March 11, 2023

LEGEND OF GATOTKACA: This Superhero Doesn't Fly

2022 / 130 min
Review by Stinky the Destroyer😾

When it comes to superhero films, the simpler, the better. Not that one can’t have a reasonably complex plot, so long as everything boils down to three essential elements: good guys vs. bad guys, what’s at stake, and finally, loads of spectacle. The Indonesian film, Legend of Gatotkaca, struggles with all three.
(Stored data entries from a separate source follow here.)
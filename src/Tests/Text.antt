-- ===== src/Tests/Text.antt =====
-- The patterns and the setters on concrete inputs.
use heyfil.Base.{string_eq, ◌≡◌, refl, true, false, some, List, [], ◌∷◌, arith, ℕ_discrete}
use Prim.Native.String
use heyfil.Base.FilePath.{clean}
use heyfil.Base.Result.{ok}
use heyfil.FilClient.HeadPattern.{find_head_protocol_matches}
use heyfil.FilClient.HeadPattern.Topic.{OneLine, find_head_protocol_matches-topic}
use heyfil.Target.Agent.{agent_short_version}
use heyfil.Target.Agent.Version.{NoPlus, agent_short_version-metadata}
use heyfil.Options.{
  Options, Setter, new_options, default_options, with_api_listen_addr, with_store_path,
}
use heyfil.Options.Laws.{api_listen_addr, store_path, new_options-api_listen_addr}
use heyfil.Tests.World.{demo}

indexer-OneLine : OneLine "indexer/ingest/mainnet"
unfolding ℕ_discrete
indexer-OneLine = (
  refl,
  (
    refl,
    (
      refl,
      (
        refl,
        (
          refl,
          (
            refl,
            (
              refl,
              (
                refl,
                (
                  refl,
                  (
                    refl,
                    (
                      refl,
                      (
                        refl,
                        (
                          refl,
                          (
                            refl,
                            (refl, (refl, (refl, (refl, (refl, (refl, (refl, (refl, tt)))))))),
                          ),
                        ),
                      ),
                    ),
                  ),
                ),
              ),
            ),
          ),
        ),
      ),
    ),
  ),
)

find_head_protocol_matches-topic_example :
    find_head_protocol_matches
      (String.◌++◌ "/legs/head" (String.◌++◌ "/indexer/ingest/mainnet" "/0.0.1"))
    ≡ (true, "/indexer/ingest/mainnet")
find_head_protocol_matches-topic_example =
    find_head_protocol_matches-topic "i" "ndexer/ingest/mainnet" (omega arith) indexer-OneLine

boost-OneLine : OneLine "boost-2.1.0"
unfolding ℕ_discrete
boost-OneLine =
    (refl, (refl, (refl, (refl, (refl, (refl, (refl, (refl, (refl, (refl, (refl, tt)))))))))))

git-OneLine : OneLine "git.abc"
unfolding ℕ_discrete
git-OneLine = (refl, (refl, (refl, (refl, (refl, (refl, (refl, tt)))))))

git-NoPlus : NoPlus "git.abc"
git-NoPlus = omega arith

agent_short_version-metadata_example :
    agent_short_version (String.◌++◌ "boost-2.1.0" "+git.abc") ≡ "boost-2.1.0"
agent_short_version-metadata_example =
    agent_short_version-metadata "b" "oost-2.1.0" "git.abc" boost-OneLine git-OneLine git-NoPlus

abbrev setters : List Setter
setters = with_api_listen_addr "0.0.0.0:9000" ∷ with_store_path "/data/" ∷ []

abbrev made : Options
made = record default_options {
  h = some 7;
  metrics_listen_addr = "0.0.0.0:9000";
  store_path = "/data";
}

new_options_run : new_options setters ≡ ok made
unfolding new_options with_api_listen_addr with_store_path clean string_eq ℕ_discrete
new_options_run = refl

new_options-api_listen_addr_example :
    (made.api_listen_addr ≡ "0.0.0.0:8081") × (made.market_deals_fil_tools_enabled ≡ false)
new_options-api_listen_addr_example =
    new_options-api_listen_addr setters made
      (api_listen_addr "0.0.0.0:9000", (store_path "/data/", tt)) new_options_run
Typical of the genre, it’s an origin story, opening with a prologue featuring a malovolent, lightning-wielding figure seeking a young boy, Yuda, and some kind of ancient heirloom. Yuda’s mother saves him, but is rendered somewhat insane from the conflict. Fast-forward to the present day, and Yuda (Rizky Nazar) is a down-on-his-luck college drop-out tasked with taking care of his ailing mother.

However, his life is turned upside down when his best friend is killed by the same hooded figure (maybe?). Later, Yuda himself is attacked, but rescued by a group of people called Padava, who’ve been waging some kind of war with their enemy, the Kaurava, for centuries. This ongoing conflict is explained - again and again - by several characters, each rendering it increasingly convoluted (at least to the viewer). Anyway, Yuda turns out to be some kind of “chosen one” who can defeat the mysterious Kaurava leader.

"The sofa would look better over there."
But despite tons of exposition, we aren’t always certain who’s fighting who…or why. Aside from Yuda, characters both good-and-bad come and go fairly regularly, some who seem to be Kaurava fighters, but we aren’t always sure. And unfortunately, none of these characters are compelling enough for us to care what they’re fighting for. Which leaves the action, which is here in abundance. But even then, the setting is often too murky - exacerbated by hyperactive editing and an over-reliance on CGI - to be visually engaging.

130 long minutes later, the film optimistically leaves the door wide open for a sequel, along with the usual post-credits sequence that’s standard in every superhero movie. But despite obvious franchise aspirations, Legend of Gatokaca stumbles right out of the gate with dull characters, a muddled narrative and, worst of all, drab execution of the action scenes.